Non native Common Cord Grass (Spartina anglica) has upright, spiky, dark green leaves with a 'v' shaped cross section profile if cut; a kind of supercharged lawn grass. Its strong, circular profile stems grow tall and straight and bear lightweight pale coloured flowers in late Spring / early Summer. Spartina has a high Ellenberg (salt tolerance) value and thrives in lower marsh conditions (BELOW mean high water).

The native Common Saltmarsh Grass (Puccinellia maritima), by contrast, has a round profile for both stems and leaves, like extended chives. Stems eventually become red; both stem and leaf are straggly, spreading horizontally across the sand. Both Spartina and Puccinellia are good sand accretors. Puccinellia has a much lower Ellenberg (salt tolerance) value than Spartina and thrives best in upper marsh conditions (ABOVE mean high water).

WHY THIS MATTERS

The shift from the dominance of lower marsh favouring Spartina anglica to the dominance of upper marsh favouring Puccinellia maritima is a clear indicator of accretion at the upper beach as it shifts from lower marsh to upper marsh conditions.

This is explained in figure 32 on the geomorphological survey page.

The presence of Puccinellia across most of the beach clearly shows that most of the upper beach is now above mean high water; this "tipping point" has been reached only very recently.

Since the gradient of the beach is very shallow (about 1 in 300) any rise in beach height leads to the mean high water retreating by a factor of 300 times that.

Since the beach rises vertically by around 2.5 cms per year, this means mean high water retreats by up to 7.5 metres per year.
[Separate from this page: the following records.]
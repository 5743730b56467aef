-- ===== src/Prelude/Memory.antt =====
-- What `malloc` answers: the outcomes of the coming allocations, in order. Past the end of the
-- list every allocation succeeds, so `[]` is a machine that does not run out.
use cshell.Prelude.{ℕ, zero, suc, Bool, true, false, List, [], ◌∷◌, ◌≡◌, refl, if◌then◌else◌}

abbrev pub Memory : Type 0
Memory = List Bool

unfoldable pub allocate : Memory → Bool × Memory
allocate [] = (true, [])
allocate (b ∷ m) = (b, m)

-- So many allocations in a row; the first that fails ends the row.
unfoldable pub allocations : ℕ → Memory → Bool × Memory
unfolding allocate
allocations zero m = (true, m)
allocations (suc n) m =
    let (got, left) = allocate m in
    let rest = allocations n left in if got then rest else (false, left)

pub allocations-plenty : (n : ℕ) → allocations n [] ≡ (true, [])
unfolding allocations allocate
allocations-plenty zero = refl
allocations-plenty (suc n) = allocations-plenty n
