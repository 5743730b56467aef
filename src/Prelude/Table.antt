-- ===== src/Prelude/Table.antt =====
-- A singly linked list of named entries, as the variable, function, hash and alias lists are.
use cshell.Prelude.{◌≡◌, refl, Option, none, some, false, List, [], ◌∷◌, ◌++◌, arith, if◌then◌else◌}
use cshell.Prelude.Bytes.{Bytes, bytes_eq, bytes_eq_iff}

abbrev pub Table {ℓ} : Type ℓ → Type ℓ
Table V = List (Bytes × V)

module _ {ℓ} {V : Type ℓ} where
  -- The payload of the first entry with the name.
  unfoldable pub find : Bytes → Table V → Option V
  find k [] = none
  find k ((j, v) ∷ t) = if bytes_eq j k then some v else find k t

  -- Overwrites the payload of the first entry with the name; no entry, no change.
  unfoldable pub assign : Bytes → V → Table V → Table V
  assign k v [] = []
  assign k v ((j, w) ∷ t) = if bytes_eq j k then (j, v) ∷ t else (j, w) ∷ assign k v t

  -- Unlinks the first entry with the name.
  unfoldable pub remove : Bytes → Table V → Table V
  remove k [] = []
  remove k ((j, w) ∷ t) = if bytes_eq j k then t else (j, w) ∷ remove k t

  -- Overwrites the entry with the name where it stands, or links a new one at the end.
  unfoldable pub put_last : Bytes → V → Table V → Table V
  put_last k v [] = (k, v) ∷ []
  put_last k v ((j, w) ∷ t) = if bytes_eq j k then (j, v) ∷ t else (j, w) ∷ put_last k v t

  -- No two entries have one name.
  abbrev pub NamesUnique : Table V → Type ℓ
  NamesUnique [] = Unit
  NamesUnique ((k, v) ∷ t) = (find k t ≡ none) × NamesUnique t

  pub find-nil : (k : Bytes) → find k [] ≡ none
  unfolding find
  find-nil k = refl

  pub find-cons :
      (k j : Bytes) (v : V) (t : Table V)
      → find j ((k, v) ∷ t) ≡ (if bytes_eq k j then some v else find j t)
  unfolding find
  find-cons k j v t = refl

  -- The name of an entry that is there is found with the new payload; nothing else changes.
  pub find-assign :
      (k j : Bytes) (v : V) (t : Table V)
      → find j (assign k v t)
        ≡ (if bytes_eq k j then (elim (find k t) [ none ↦ none | some w ↦ some v ]) else find j t)
  unfolding find assign
  find-assign k j v [] = ground arith
  find-assign k j v ((i, u) ∷ t) =
      ground (arith, bytes_eq_iff i k, bytes_eq_iff i j, bytes_eq_iff k j, find-assign k j v t)

  pub assign-absent : (k : Bytes) (v : V) (t : Table V) → find k t ≡ none → assign k v t ≡ t
  unfolding find assign
  assign-absent k v [] h = refl
  assign-absent k v ((i, w) ∷ t) h = ground (arith, assign-absent k v t)

  pub find-put_last :
      (k j : Bytes) (v : V) (t : Table V)
      → find j (put_last k v t) ≡ (if bytes_eq k j then some v else find j t)
  unfolding find put_last
  find-put_last k j v [] = refl
  find-put_last k j v ((i, w) ∷ t) =
      ground (arith, bytes_eq_iff i k, bytes_eq_iff i j, bytes_eq_iff k j, find-put_last k j v t)

  pub find-remove :
      (k j : Bytes) (t : Table V)
      → NamesUnique t
      → find j (remove k t) ≡ (if bytes_eq k j then none else find j t)
  unfolding find remove
  find-remove k j [] u = ground arith
  find-remove k j ((i, w) ∷ t) u =
      ground (arith, bytes_eq_iff i k, bytes_eq_iff i j, bytes_eq_iff k j, find-remove k j t u.1)

  pub find-remove_ne :
      (k j : Bytes) (t : Table V) → bytes_eq k j ≡ false → find j (remove k t) ≡ find j t
  unfolding find remove
  find-remove_ne k j [] h = refl
  find-remove_ne k j ((i, w) ∷ t) h =
      ground (arith, bytes_eq_iff i k, bytes_eq_iff i j, bytes_eq_iff k j, find-remove_ne k j t h)

  pub remove-absent : (k : Bytes) (t : Table V) → find k t ≡ none → remove k t ≡ t
  unfolding find remove
  remove-absent k [] h = refl
  remove-absent k ((i, w) ∷ t) h = ground (arith, remove-absent k t)

  find-remove-none : (k j : Bytes) (t : Table V) → find j t ≡ none → find j (remove k t) ≡ none
  unfolding find remove
  find-remove-none k j [] h = refl
  find-remove-none k j ((i, w) ∷ t) h = ground (arith, find-remove-none k j t)

  find-assign-none :
      (k j : Bytes) (v : V) (t : Table V) → find j t ≡ none → find j (assign k v t) ≡ none
  unfolding find assign
  find-assign-none k j v [] h = refl
  find-assign-none k j v ((i, w) ∷ t) h = ground (arith, find-assign-none k j v t)

  pub remove-NamesUnique : (k : Bytes) (t : Table V) → NamesUnique t → NamesUnique (remove k t)
  unfolding find remove
  remove-NamesUnique k [] u = tt
  remove-NamesUnique k ((i, w) ∷ t) u =
      ground (arith, find-remove-none k i t, remove-NamesUnique k t u.1)

  pub assign-NamesUnique :
      (k : Bytes) (v : V) (t : Table V) → NamesUnique t → NamesUnique (assign k v t)
  unfolding find assign
  assign-NamesUnique k v [] u = tt
  assign-NamesUnique k v ((i, w) ∷ t) u =
      ground (arith, find-assign-none k i v t, assign-NamesUnique k v t u.1)

  pub put_last-NamesUnique :
      (k : Bytes) (v : V) (t : Table V) → NamesUnique t → NamesUnique (put_last k v t)
  unfolding put_last
  put_last-NamesUnique k v [] u = (unfold find in refl, tt)
  put_last-NamesUnique k v ((i, w) ∷ t) u = ground (
    arith,
    find-put_last k i v t,
    bytes_eq_iff i k,
    bytes_eq_iff k i,
    put_last-NamesUnique k v t u.1,
  )

  -- A new name goes to the end.
  pub put_last-absent :
      (k : Bytes) (v : V) (t : Table V) → find k t ≡ none → put_last k v t ≡ t ++ ((k, v) ∷ [])
  unfolding find put_last
  put_last-absent k v [] h = refl
  put_last-absent k v ((i, w) ∷ t) h = ground (arith, put_last-absent k v t)
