-- ===== src/Alias.antt =====
-- src/alias.c: the alias table, a linked list that is kept in the order of `strcmp`.
pub mod Order
pub mod Clone
pub mod Builtin
use cshell.Prelude.{
  ℕ, Bool, true, false, not, ◌&&◌, ◌||◌, Option, none, some, List, [], ◌∷◌, ◌==◌, within,
  if◌then◌else◌,
}
use cshell.Prelude.Bytes.{Bytes, bytes_lt, codes}
use cshell.Prelude.Memory.{Memory, allocate}
use cshell.Prelude.Table.{Table, find, assign, remove}

abbrev pub Aliases : Type 0
Aliases = Table Bytes

-- `struct csh_error`, as `fail` fills it in; the messages are those of `set_alias`.
pub data AliasError : Type 0 where
  invalid_definition no_value_memory no_definition_memory no_name_memory : AliasError

pub data Outcome : Type 0 where
  ok : Outcome
  err : AliasError → Outcome

unfoldable pub message : AliasError → Bytes
message invalid_definition = codes "invalid alias definition"
message no_value_memory = codes "cannot allocate alias value"
message no_definition_memory = codes "cannot allocate alias definition"
message no_name_memory = codes "cannot allocate alias name"

unfoldable pub alias_byte : ℕ → Bool
alias_byte c =
    within b'a' b'z' c
    || within b'A' b'Z' c
    || within b'0' b'9' c
    || c == b'!'
    || c == b'%'
    || c == b','
    || c == b'-'
    || c == b'@'
    || c == b'_'

unfoldable pub alias_bytes : Bytes → Bool
alias_bytes [] = true
alias_bytes (c ∷ cs) = alias_byte c && alias_bytes cs

-- `valid_name`, and `csh_alias_name_valid` of a name that is not NULL.
unfoldable pub valid_name : Bytes → Bool
unfolding alias_bytes
valid_name [] = false
valid_name (c ∷ cs) = alias_bytes (c ∷ cs)

-- `csh_aliases_get`; `none` is NULL.
unfoldable pub get : Aliases → Bytes → Option Bytes
get t name = if valid_name name then find name t else none

-- The loop that finds the link of a new entry, and links it there.
unfoldable pub insert_sorted : Bytes → Bytes → Aliases → Aliases
insert_sorted name value [] = (name, value) ∷ []
insert_sorted name value ((j, w) ∷ t) =
    if bytes_lt j name then (j, w) ∷ insert_sorted name value t else (name, value) ∷ (j, w) ∷ t

-- A new entry: the value is copied first, then come the entry and the copy of its name.
add_alias : Bytes → Bytes → Aliases → Memory → Outcome × Aliases × Memory
add_alias name value t m =
    let (copied, m1) = allocate m in
    let (made, m2) = allocate m1 in
    let (named, m3) = allocate m2 in
    if not copied
    then (err no_value_memory, t, m1)
    else if not made
    then (err no_definition_memory, t, m2)
    else if named
    then (ok, insert_sorted name value t, m3)
    else (err no_name_memory, t, m3)

replace_alias : Bytes → Bytes → Aliases → Memory → Outcome × Aliases × Memory
replace_alias name value t m =
    let (copied, m1) = allocate m in
    if copied then (ok, assign name value t, m1) else (err no_value_memory, t, m1)

-- `set_alias`.
unfoldable pub set_alias : Bytes → Bytes → Aliases → Memory → Outcome × Aliases × Memory
unfolding add_alias replace_alias
set_alias name value t m =
    if not (valid_name name) then (err invalid_definition, t, m) else elim (find name t) [
      | some old ↦ replace_alias name value t m
      | none ↦ add_alias name value t m
    ]

-- `csh_aliases_unset`; the flag is false for an invalid name.
unfoldable pub unset_alias : Bytes → Aliases → Bool × Aliases
unset_alias name t = if valid_name name then (true, remove name t) else (false, t)

-- `csh_aliases_clone` of a table that is there: the loop over its entries.
unfoldable pub clone_onto : Aliases → Aliases → Memory → Option Aliases × Memory
clone_onto copy [] m = (some copy, m)
clone_onto copy ((k, v) ∷ t) m =
    let (r, grown, left) = set_alias k v copy m in
    elim r [ ok ↦ clone_onto grown t left | err e ↦ (none, left) ]

unfoldable pub clone : Aliases → Memory → Option Aliases × Memory
unfolding clone_onto
clone t m = let (got, left) = allocate m in if got then clone_onto [] t left else (none, left)
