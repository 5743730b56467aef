-- ===== src/Prelude/Stream.antt =====
-- A stdio stream: the text that has gone out, and what the coming write calls answer.
-- Past the end of `answers` every write succeeds; a write that fails puts nothing out.
use cshell.Prelude.{Bool, true, List, [], ◌∷◌, ◌++◌, ◌≡◌, refl, if◌then◌else◌}
use cshell.Prelude.Bytes.{Bytes}

pub record Stream : Type 0 where
  pub text : Bytes
  pub answers : List Bool

unfoldable pub write : Bytes → Stream → Bool × Stream
write b s = elim s.answers [
  | [] ↦ (true, record s { text = s.text ++ b })
  | a ∷ as' ↦ (a, record { text = if a then s.text ++ b else s.text; answers = as' })
]

-- A stream that takes every write.
abbrev pub ready : Bytes → Stream
ready t = record { text = t; answers = [] }

pub write-ready : (b t : Bytes) → write b (ready t) ≡ (true, ready (t ++ b))
unfolding write
write-ready b t = refl
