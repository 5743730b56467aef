-- ===== src/Alias/Builtin.antt =====
-- The builtins `alias` and `unalias` of src/alias.c. `argv` is a list, its first entry the name of
-- the utility. Writes to `out` may fail; what goes to `err` is only collected, as the code ignores
-- the outcome of `fprintf` there.
pub mod Quote
pub mod Laws
use cshell.Prelude.{
  ℕ, suc, Bool, true, false, not, ◌&&◌, ◌||◌, Option, none, some, List, [], ◌∷◌, ◌++◌, ◌==◌,
  if◌then◌else◌,
}
use cshell.Prelude.Bytes.{Bytes, bytes_eq, codes}
use cshell.Prelude.Memory.{Memory}
use cshell.Prelude.Stream.{Stream, write}
use cshell.Alias.{
  Aliases, AliasError, Outcome, ok, err, message, valid_name, get, set_alias, unset_alias,
}

pub record Session : Type 0 where
  pub aliases : Aliases
  pub out : Stream
  pub err_text : Bytes
  pub memory : Memory

-- `diagnostic`, less the status that it hands back.
unfoldable pub complain : Session → Bytes → Option Bytes → Bytes → Session
complain s utility operand text = record s {
  err_text =
      s.err_text
      ++ utility
      ++ codes ": "
      ++ (elim operand [ none ↦ [] | some o ↦ o ++ codes ": " ])
      ++ text
      ++ codes "\n";
}

-- One byte of a value between the single quotes.
unfoldable pub quoted_byte : ℕ → Bytes
quoted_byte c = if c == b'\'' then b'\'' ∷ b'\\' ∷ b'\'' ∷ b'\'' ∷ [] else c ∷ []

-- A write after another: nothing more is written once one has failed.
and_write : Bool × Stream → Bytes → Bool × Stream
and_write (went, s) b = if went then write b s else (false, s)

write_quoted : Bytes → Bool × Stream → Bool × Stream
write_quoted [] r = r
write_quoted (c ∷ cs) r = write_quoted cs (and_write r (quoted_byte c))

-- `print_alias`: `name='value'` and a newline, false once a write fails.
unfoldable pub print_alias : Bytes → Bytes → Stream → Bool × Stream
unfolding and_write write_quoted
print_alias name value s =
    and_write (write_quoted value (write (name ++ codes "='") s)) (codes "'\n")

-- The loop of `alias` with no operand, over the whole table.
unfoldable pub print_all : Aliases → Stream → Bool × Stream
print_all [] s = (true, s)
print_all ((k, v) ∷ t) s =
    let (went, s') = print_alias k v s in elim went [ true ↦ print_all t s' | false ↦ (false, s') ]

-- `strchr(text, '=')`: what stands before the first equals sign, and what behind it.
unfoldable pub split_equals : Bytes → Option (Bytes × Bytes)
split_equals [] = none
split_equals (c ∷ cs) =
    if c == b'='
    then some ([], cs)
    else elim (split_equals cs) [ none ↦ none | some (a, b) ↦ some (c ∷ a, b) ]

-- Where one operand leaves the loop: on to the next with this status, or out with status 1.
pub data Progress : Type 0 where
  next : ℕ → Bool → Session → Progress
  stop : Session → Progress

-- The loop goes on, or the function returns 1.
unfoldable pub after : Progress → (ℕ → Bool → Session → ℕ × Session) → ℕ × Session
after (next status printed s) loop = loop status printed s
after (stop s) loop = (1, s)

cannot_write : Bytes → Session → Session
unfolding complain
cannot_write utility s = complain s utility none (codes "cannot write output")

define : Bytes → Bytes → Bytes → ℕ → Bool → Session → Progress
unfolding complain message
define operand name value status printed s =
    let (r, t, m) = set_alias name value s.aliases s.memory in
    let s' = record s { aliases = t; memory = m } in
    elim r [
      | ok ↦ next status printed s'
      | err e ↦ next 1 printed (complain s' (codes "alias") (some operand) (message e))
    ]

show : Bytes → ℕ → Bool → Session → Progress
unfolding complain cannot_write
show operand status printed s = elim (get s.aliases operand) [
  | none ↦ next 1 printed (complain s (codes "alias") (some operand) (codes "not found"))
  | some value ↦
      let (went, o) = print_alias operand value s.out in
      let s' = record s { out = o } in
      if went then next status true s' else stop (cannot_write (codes "alias") s')
]

unfoldable pub alias_operand : Bytes → ℕ → Bool → Session → Progress
unfolding complain define show
alias_operand operand status printed s = elim (split_equals operand) [
  | some (name, value) ↦ define operand name value status printed s
  | none ↦
      if not (valid_name operand)
      then next 1 printed (complain s (codes "alias") (some operand) (codes "invalid alias name"))
      else show operand status printed s
]

-- `fflush` is one more answer of the stream.
flush : ℕ → Bool → Session → ℕ × Session
unfolding cannot_write
flush status printed s =
    let (went, o) = write [] s.out in
    let s' = record s { out = o } in
    if printed
    then (if went then (status, s') else (1, cannot_write (codes "alias") s'))
    else (status, s)

unfoldable pub alias_operands : List Bytes → ℕ → Bool → Session → ℕ × Session
unfolding flush after
alias_operands [] status printed s = flush status printed s
alias_operands (a ∷ rest) status printed s =
    after (alias_operand a status printed s) (alias_operands rest)

alias_list : Session → ℕ × Session
unfolding cannot_write
alias_list s =
    let (went, o) = print_all s.aliases s.out in
    let s' = record s { out = o } in
    if went
    then alias_operands [] 0 (elim s.aliases [ [] ↦ false | _ ↦ true ]) s'
    else (1, cannot_write (codes "alias") s')

-- `-x` with anything behind the dash.
unfoldable pub is_option : Bytes → Bool
is_option (c ∷ d ∷ rest) = c == b'-'
is_option _ = false

alias_from : List Bytes → Session → ℕ × Session
unfolding alias_list
alias_from [] s = alias_list s
alias_from (a ∷ rest) s = alias_operands (a ∷ rest) 0 false s

-- `csh_builtin_alias`.
unfoldable pub builtin_alias : List Bytes → Session → ℕ × Session
unfolding alias_from complain is_option
builtin_alias [] s = (2, complain s (codes "alias") none (codes "invalid handler arguments"))
builtin_alias (utility ∷ []) s = alias_from [] s
builtin_alias (utility ∷ a ∷ rest) s =
    if bytes_eq a (codes "--")
    then alias_from rest s
    else if is_option a
    then (2, complain s (codes "alias") (some a) (codes "invalid option"))
    else alias_from (a ∷ rest) s

-- The operand loop of `unalias`.
unfoldable pub unalias_operand : Bytes → ℕ → Session → ℕ × Session
unfolding complain
unalias_operand a status s =
    if not (valid_name a)
    then (1, complain s (codes "unalias") (some a) (codes "invalid alias name"))
    else elim (get s.aliases a) [
      | none ↦ (1, complain s (codes "unalias") (some a) (codes "not found"))
      | some v ↦ (status, record s { aliases = (unset_alias a s.aliases).1 })
    ]

unfoldable pub unalias_operands : List Bytes → ℕ → Session → ℕ × Session
unalias_operands [] status s = (status, s)
unalias_operands (a ∷ rest) status s =
    let (status', s') = unalias_operand a status s in unalias_operands rest status' s'

-- What stands behind the dash.
option_letters : Bytes → Bytes
option_letters [] = []
option_letters (c ∷ letters) = letters

all_a : Bytes → Bool
all_a [] = true
all_a (c ∷ cs) = c == b'a' && all_a cs

-- The option loop: whether `-a` was seen and the operands left, or the option that is refused.
pub data Options : Type 0 where
  operands : Bool → List Bytes → Options
  refused : Bytes → Options

unfoldable pub unalias_options : Bool → List Bytes → Options
unfolding all_a option_letters is_option
unalias_options all [] = operands all []
unalias_options all (a ∷ rest) =
    let later = unalias_options true rest in
    if is_option a
    then (if bytes_eq a (codes "--")
        then operands all rest
        else if all_a (option_letters a)
        then later
        else refused a)
    else operands all (a ∷ rest)

unalias_named : List Bytes → Session → ℕ × Session
unfolding complain
unalias_named [] s = (2, complain s (codes "unalias") none (codes "expected an alias name"))
unalias_named (a ∷ rest) s = unalias_operands (a ∷ rest) 0 s

-- `csh_aliases_clear`, when nothing follows `-a`.
unalias_all : List Bytes → Session → ℕ × Session
unfolding complain
unalias_all [] s = (0, record s { aliases = [] })
unalias_all (a ∷ rest) s =
    (2, complain s (codes "unalias") none (codes "-a does not accept operands"))

unalias_run : Options → Session → ℕ × Session
unfolding complain unalias_named unalias_all
unalias_run (refused a) s = (2, complain s (codes "unalias") (some a) (codes "invalid option"))
unalias_run (operands true rest) s = unalias_all rest s
unalias_run (operands false rest) s = unalias_named rest s

-- `csh_builtin_unalias`.
unfoldable pub builtin_unalias : List Bytes → Session → ℕ × Session
unfolding complain unalias_run
builtin_unalias [] s = (2, complain s (codes "unalias") none (codes "invalid handler arguments"))
builtin_unalias (utility ∷ args) s = unalias_run (unalias_options false args) s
This estimate is confirmed to be accurate with LIDAR data shown on the beach profiles page.

The change in beach level and the resultant shift from fine, silty (muddy) deposit to larger grained dry sand is also a clear indicator of a shift from dominance of waterborne silt deposition to aeolian (windblown) sand deposition as a result of that accretion; and that has been accelerated by the relatively recent completion of the filling of the Hoyle Lake.

In other words, it is VERY significant and relevant that Spartina anglica is no longer the dominant species on the upper beach.

Furthermore, mean Ellenberg value decline across the beach is a further indicator and this is explained on the botanical survey page.

Now, more than at any time since the promenade wall was built, is the optimal time to allow Puccinellia maritima to colonise the upper beach: to monitor how much sand it traps; how and where dune succession takes place; and how then to balance the various needs of the environment and of the community.

Understanding and recognising this fundamental change is critical.

If we remove the Puccinellia maritima now, we not only remove the required baseline for meaningful studies, making them meaningless, we exacerbate windblown sand problems, and render it impossible to make any well informed future beach management decisions.